-- ===== src/Tests.antt =====
-- Runs of the code on concrete inputs, which also show that the theorems' hypotheses can hold.
mod Gny
mod Text
mod Mux
mod Loops
mod Toys
mod Proxy
mod Requests
mod Files
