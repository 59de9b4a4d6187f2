-- ===== src/Tests/Toys.antt =====
-- Classes with short methods, and helpers for the runs.
use gnyproxy.Prelude.{[], ◌∷◌, Bytes, codes, Result, ok, fault, take}
use gnyproxy.Prelude.Int.{pos}
use gnyproxy.Socket.{Socket, received}
use gnyproxy.Codec.{Readers, Writers}
use gnyproxy.HttpMessage.{MessageState, HttpMessage}

-- A socket that has these bytes to read, and takes all bytes.
abbrev pub socket : Bytes → Socket
socket bytes = record {
  peek = λ n. received (take n bytes);
  consume = λ n. pos n;
  send = λ n. pos n;
}

-- The value of a call, or what is given in its place.
abbrev pub value {ℓ} : {A : Type ℓ} → A → Result A → A
value d (ok a) = a
value d (fault e) = d

-- A reader that takes every byte for a CONNECT request to h, and a writer that has 5 bytes for every message.
abbrev pub toy_readers : Readers
toy_readers = record {
  Reader = HttpMessage;
  create = λ msg. msg;
  filled = λ r. r;
  point = λ r msg. msg;
  read = λ r s n. ok (pos 1, record r { url = b'h' ∷ []; verb = 0 });
}

abbrev pub toy_writers : Writers
toy_writers = record {
  Writer = HttpMessage;
  create = λ msg. msg;
  drained = λ w. w;
  point = λ w msg. msg;
  get_write_size = λ w. ok (5, w);
  write = λ w s n. ok (s.send n, w);
}

-- A reader whose messages are complete at once, and a writer that has nothing to write.
abbrev pub quick_readers : Readers
quick_readers = record {
  Reader = HttpMessage;
  create = λ msg. msg;
  filled = λ r. r;
  point = λ r msg. msg;
  read = λ r s n. ok (pos 1, record r { state = MessageState.done });
}

abbrev pub quiet_writers : Writers
quiet_writers = record {
  Writer = HttpMessage;
  create = λ msg. msg;
  drained = λ w. w;
  point = λ w msg. msg;
  get_write_size = λ w. ok (0, w);
  write = λ w s n. ok (pos 0, w);
}

-- A writer that has sent everything at once.
abbrev pub draining_writers : Writers
draining_writers = record {
  Writer = HttpMessage;
  create = λ msg. msg;
  drained = λ w. w;
  point = λ w msg. msg;
  get_write_size = λ w. ok (0, record w { headers = []; body = []; footers = [] });
  write = λ w s n. ok (pos 0, w);
}

-- A reader of one complete request, GET / with the header host: h.
abbrev pub request_readers : Readers
request_readers = record {
  Reader = HttpMessage;
  create = λ msg. msg;
  filled = λ r. r;
  point = λ r msg. msg;
  read = λ r s n. ok (
    pos 1,
    record r {
      url = b'/' ∷ [];
      verb = 2;
      headers = (codes "host", b'h' ∷ []) ∷ [];
      state = MessageState.done;
    },
  );
}
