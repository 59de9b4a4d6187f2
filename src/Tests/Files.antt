-- ===== src/Tests/Files.antt =====
-- The servers of files and the maker of requests on concrete calls.
use gnyproxy.Prelude.{
  ◌≡◌, refl, true, false, [], ◌∷◌, none, some, ◌==◌, if◌then◌else◌, codes, ok, ◌>>=◌, arith,
}
use gnyproxy.Prelude.Int.{pos}
use gnyproxy.Socket.{received}
use gnyproxy.HttpMessage.{MessageState, HttpMessage, init}
use gnyproxy.MessageSinkGny.{MessageSinkGny, check_for_update}
use gnyproxy.MessageSinkGny
use gnyproxy.HttpServer.Serving.{KeepsState}
use gnyproxy.TestHttpServer.{
  FileSystem, MyHttpServer, file_at, find_resource, open_path, is_under, my_http_server,
}
use gnyproxy.TestHttpServer.Paths.{Below, find_resource-Below}
use gnyproxy.TestHttpServer.Filling.{Filled, fill-Filled}
use gnyproxy.TestHttpServer.Process.{process-KeepsState}
use gnyproxy.RequestGen.{generate_request}
use gnyproxy.RequestGen.Once.{generate_request-check_for_update}
use gnyproxy.Tests.Toys.{quick_readers, quiet_writers}

-- Every path is that of a file beside the directory /a, whose first read gives two bytes.
abbrev files : FileSystem
files = record {
  realpath = λ path. some (codes "/ab/f");
  opendir = λ path. none;
  open_file = λ path. some 7;
  read_file = λ fd n. if n == 0 then received (1 ∷ 2 ∷ []) else received [];
  mime_type = λ path. codes "text/plain";
}

find_resource-Below_example : Below (codes "/ab") (find_resource files (codes "/ab") (codes "/f"))
find_resource-Below_example = find_resource-Below files (codes "/ab") (codes "/f")

-- The base path /a lets files of /ab be served.
beside_served : find_resource files (codes "/a") (codes "/../ab/f") ≡ file_at (codes "/ab/f") 7
unfolding find_resource open_path is_under
beside_served = refl

abbrev opened : MyHttpServer
opened = record { fd = some 7; reads = 0; header_mp = λ name. [] }

abbrev half_sent : HttpMessage
half_sent = record {
  is_request = false;
  url = [];
  verb = 9;
  status = pos 200;
  headers = [];
  footers = [];
  body = [];
  state = MessageState.entity;
}

fill-Filled_example : Filled files 1025 opened half_sent
fill-Filled_example = fill-Filled files 1025 opened half_sent (omega arith)

process-KeepsState_example :
    KeepsState (my_http_server files (codes "/a") quick_readers quiet_writers)
process-KeepsState_example = process-KeepsState files (codes "/a") quick_readers quiet_writers

generate_request-check_for_update_example :
    (u : MessageSinkGny) × ((generate_request (b'/' ∷ []) (init true) >>= λ m.
    check_for_update (gnyproxy.MessageSinkGny.create m))
      ≡ ok u)
    × (generate_request (b'/' ∷ []) u.msg ≡ ok u.msg)
generate_request-check_for_update_example = generate_request-check_for_update b'/' [] (refl, tt)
+===+
--- Required work ---
The answer must be every line from the records above that contains the word "body", copied out.

--- Expected answer ---
  get_write_size = λ w. ok (0, record w { headers = []; body = []; footers = [] });
  body = [];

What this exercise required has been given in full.